Reiter: Gegenwärtig haben wir um die 3600 aktive Satelliten. Allein Elon Musk hat in diesem Jahr schon mehr als 400 Starlink-Satelliten gestartet. Weltweit sind allein im vergangenen Jahr mehr als 1200 Satelliten in den Orbit geschossen worden. Wie lange die Satelliten, die dann irgendwann nicht mehr funktionsfähig sind, im Weltraum bleiben, bevor sie in der Erdatmosphäre verglühen, hängt unter anderem von der Orbithöhe ab.
tagesschau.de: Wäre es technisch nicht möglich, die Satelliten am Ende ihrer Lebenszeit Richtung Erdatmosphäre zu steuern - kurz bevor ihnen der Sprit ausgeht?
Reiter: Die nutzbare Betriebsdauer eines Satelliten ist durch den Treibstoff definiert. Solange der Treibstoff da ist, kann der Satellit seine Orientierung halten. Das bedeutet etwa: Wenn er Erdbeobachtungsaufgaben hat, kann er die Kameras ausrichten. Das möchte man bis zum letzten Tröpfchen ausnutzen.

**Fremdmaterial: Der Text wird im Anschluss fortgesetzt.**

-- ===== src/System/Kept.antt =====
-- What the steps of sys_execute leave alone in the new block and in the terminals' lists.
use orca_os.Base.{
  ℕ, zero, suc, ◌+◌, ◌≡◌, refl, ap, ◌∙◌, arith, ℤ, pos, negsuc, pos_part, if_cases, Option, none,
  some, List, Memory, update, ltb, ◌==◌, for_range,
}
use orca_os.Files.{Dentry}
use orca_os.Process.{Fd, Pcb, Kernel, current_fd, set_fd}
use orca_os.Process.Drivers.{
  bad_fd, claim, open_found, file_open, file_close, after_read, file_read,
}
use orca_os.Process.Execute.{
  store_argument, copy_arguments, image_at, user_frame, on_frame, load_image,
}

-- The same block is current, with the same `close` pointers; every block has the same list and the
-- same terminal.
pub record Kept (k l : Kernel) : Type 0 where
  pub current : l.current_pcb ≡ k.current_pcb
  pub number : l.process_number ≡ k.process_number
  pub recover : l.schedule.recover_num ≡ k.schedule.recover_num
  pub pointers : (j : ℕ) → (current_fd j l).close ≡ (current_fd j k).close
  pub slots : (a : ℕ) → (l.pcbs a).active_processes ≡ (k.pcbs a).active_processes
  pub home : (a : ℕ) → (l.pcbs a).parent_terminal ≡ (k.pcbs a).parent_terminal

pub Kept-refl : (k : Kernel) → Kept k k
Kept-refl k = record {
  current = refl;
  number = refl;
  recover = refl;
  pointers = λ j. refl;
  slots = λ a. refl;
  home = λ a. refl;
}

pub Kept-trans : (k l m : Kernel) → Kept k l → Kept l m → Kept k m
Kept-trans k l m v w = record {
  current = w.current ∙ v.current;
  number = w.number ∙ v.number;
  recover = w.recover ∙ v.recover;
  pointers = λ j. w.pointers j ∙ v.pointers j;
  slots = λ a. w.slots a ∙ v.slots a;
  home = λ a. w.home a ∙ v.home a;
}

set_fd-Kept :
    (fd : ℕ) (d : Fd) (k : Kernel) → d.close ≡ (current_fd fd k).close → Kept k (set_fd fd d k)
set_fd-Kept fd d k e = record {
  current = refl;
  number = refl;
  recover = refl;
  pointers = λ j. ground (arith, e);
  slots = λ a. ground arith;
  home = λ a. ground arith;
}

claim-Kept : (inode i left : ℕ) (k : Kernel) → Kept k (claim inode i left k).0
unfolding claim
claim-Kept inode i zero k = Kept-refl k
claim-Kept inode i (suc left) k =
    if_cases (λ (r : Kernel × ℤ). Kept k r.0) ((current_fd i k).flags == 0)
      (λ e. set_fd-Kept i _ k refl) (λ e. claim-Kept inode (i + 1) left k)

open_found-Kept : (r : ℤ × Option Dentry) (k : Kernel) → Kept k (open_found r k).0
unfolding open_found
open_found-Kept (pos n, some d) k = claim-Kept d.inode_num 0 8 k
open_found-Kept (pos n, none) k = Kept-refl k
open_found-Kept (negsuc n, o) k = Kept-refl k

pub file_open-Kept : (name : Option (List ℕ)) (k : Kernel) → Kept k (file_open name k).0
unfolding file_open
file_open-Kept none k = Kept-refl k
file_open-Kept (some name) k = open_found-Kept _ k

pub file_close-Kept : (fd : ℤ) (k : Kernel) → Kept k (file_close fd k).0
unfolding file_close
file_close-Kept fd k =
    let d = current_fd (pos_part fd) k in
    if_cases (λ (r : Kernel × ℤ). Kept k r.0) (bad_fd fd) (λ e. Kept-refl k)
      (λ e.
        if_cases (λ (r : Kernel × ℤ). Kept k r.0) (d.flags == 1)
          (λ f. set_fd-Kept (pos_part fd) _ k refl) (λ f. Kept-refl k))

after_read-Kept :
    (fd : ℕ) (n : ℤ) (k : Kernel) (r : ℤ × Option Memory) → Kept k (after_read fd n k r).0
unfolding after_read
after_read-Kept fd n k (negsuc zero, out) = Kept-refl k
after_read-Kept fd n k (pos zero, out) = set_fd-Kept fd _ k refl
after_read-Kept fd n k (pos (suc r), out) = set_fd-Kept fd _ k refl
after_read-Kept fd n k (negsuc (suc r), out) = set_fd-Kept fd _ k refl

pub file_read-Kept :
    (fd : ℤ) (buf : Option Memory) (n : ℤ) (k : Kernel) → Kept k (file_read fd buf n k).0
unfolding file_read
file_read-Kept fd none n k = Kept-refl k
file_read-Kept fd (some buf) n k =
    if_cases (λ (r : Kernel × Option Memory × ℤ). Kept k r.0) (bad_fd fd) (λ e. Kept-refl k)
      (λ e. after_read-Kept (pos_part fd) n k _)

pub load_image-Kept : (fd : ℤ) (buf : Memory) (k : Kernel) → Kept k (load_image fd buf k)
unfolding load_image
load_image-Kept fd buf k =
    let k1 = on_frame (λ m. for_range 40 0 (λ i m. update m (image_at + i) (buf i)) m) k in
    let m = k1.frames (user_frame k1) in
    let b = some (λ j. m (image_at + 40 + j)) in
    let k2 = (file_read fd b (pos 0x400000) k1).0 in
    let k3 = (file_close fd k2).0 in
    let w = Kept-trans k1 k2 k3 (file_read-Kept fd b (pos 0x400000) k1) (file_close-Kept fd k2) in
    record {
      current = w.current;
      number = w.number;
      recover = w.recover;
      pointers = w.pointers;
      slots = w.slots;
      home = w.home;
    }

-- A block with other arguments.
pub record SameBlock (p q : Pcb) : Type 0 where
  pub num : q.process_num ≡ p.process_num
  pub files : q.file_array ≡ p.file_array
  pub list : q.active_processes ≡ p.active_processes
  pub terminal : q.parent_terminal ≡ p.parent_terminal

store_argument-SameBlock : (i c : ℕ) (p : Pcb) → SameBlock p (store_argument i c p)
unfolding store_argument
store_argument-SameBlock i c p =
    if_cases (SameBlock p) (ltb i 128)
      (λ e. record { num = refl; files = refl; list = refl; terminal = refl })
      (λ e.
        if_cases (SameBlock p) (ltb i 132)
          (λ f. record { num = refl; files = refl; list = refl; terminal = refl })
          (λ f. record { num = refl; files = refl; list = refl; terminal = refl }))

abbrev pub Copies : Pcb → Option Pcb → Type 0
Copies p none = Unit {0}
Copies p (some q) = SameBlock p q

Copies-trans : (p q : Pcb) (o : Option Pcb) → SameBlock p q → Copies q o → Copies p o
Copies-trans p q none v w = tt
Copies-trans p q (some r) v w = record {
  num = w.num ∙ v.num;
  files = w.files ∙ v.files;
  list = w.list ∙ v.list;
  terminal = w.terminal ∙ v.terminal;
}

pub copy_arguments-Copies :
    (fuel : ℕ) (command : Memory) (i j : ℕ) (p : Pcb) → Copies p (copy_arguments fuel command i j p)
unfolding copy_arguments
copy_arguments-Copies zero command i j p = tt
copy_arguments-Copies (suc fuel) command i j p =
    let q = store_argument j (command i) p in
    if_cases (Copies p) (command i == 0)
      (λ e. record { num = refl; files = refl; list = refl; terminal = refl })
      (λ e.
        Copies-trans p q _ (store_argument-SameBlock j (command i) p)
          (copy_arguments-Copies fuel command (i + 1) (j + 1) q))

pub arguments-Kept :
    (p : Pcb) (k : Kernel)
    → SameBlock (k.pcbs k.current_pcb) p
    → Kept k (record k { pcbs = update k.pcbs k.current_pcb p })
arguments-Kept p k w = record {
  current = refl;
  number = refl;
  recover = refl;
  pointers = λ j. ground (arith, ap (λ (f : ℕ → Fd). (f j).close) w.files);
  slots = λ a. ground (arith, w.list);
  home = λ a. ground (arith, w.terminal);
}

Es wäre wünschenswert, wenn man die Satelliten mit den letzten Kilogramm Sprit aktiv abbremsen würde, damit sie schneller in die Erdatmosphäre eintreten und verglühen.
tagesschau.de: Kann man die Weltraumakteure - Staaten, Agenturen, Privatfirmen - nicht dazu verpflichten, ihren Schrott zu beseitigen?
Reiter: In den 60 Jahren Raumfahrt hat man feststellen müssen, dass es schwierig ist, allgemeinverbindliche Regulierungen einzuführen. Es gibt ein Weltraumgesetz von 1967, dass besagt, dass der Weltraum für alle nutzbar sein soll. Aber es gibt sehr unterschiedliche Auffassungen darüber, was zu vermeiden ist. Der momentan aussichtsreichste Weg ist eine Regelung über nationale Gesetzgebungen, die sich idealerweise an international vereinbarten Richtlinien orientieren. Die einzelnen Länder müssen dafür sorgen, die Einbringung von Weltraumschrott zu minimieren und die Entsorgung der Satelliten am Ende ihrer Lebensdauer sicherzustellen.
Das Gespräch führte Ute Spangenberger für tagesschau.de.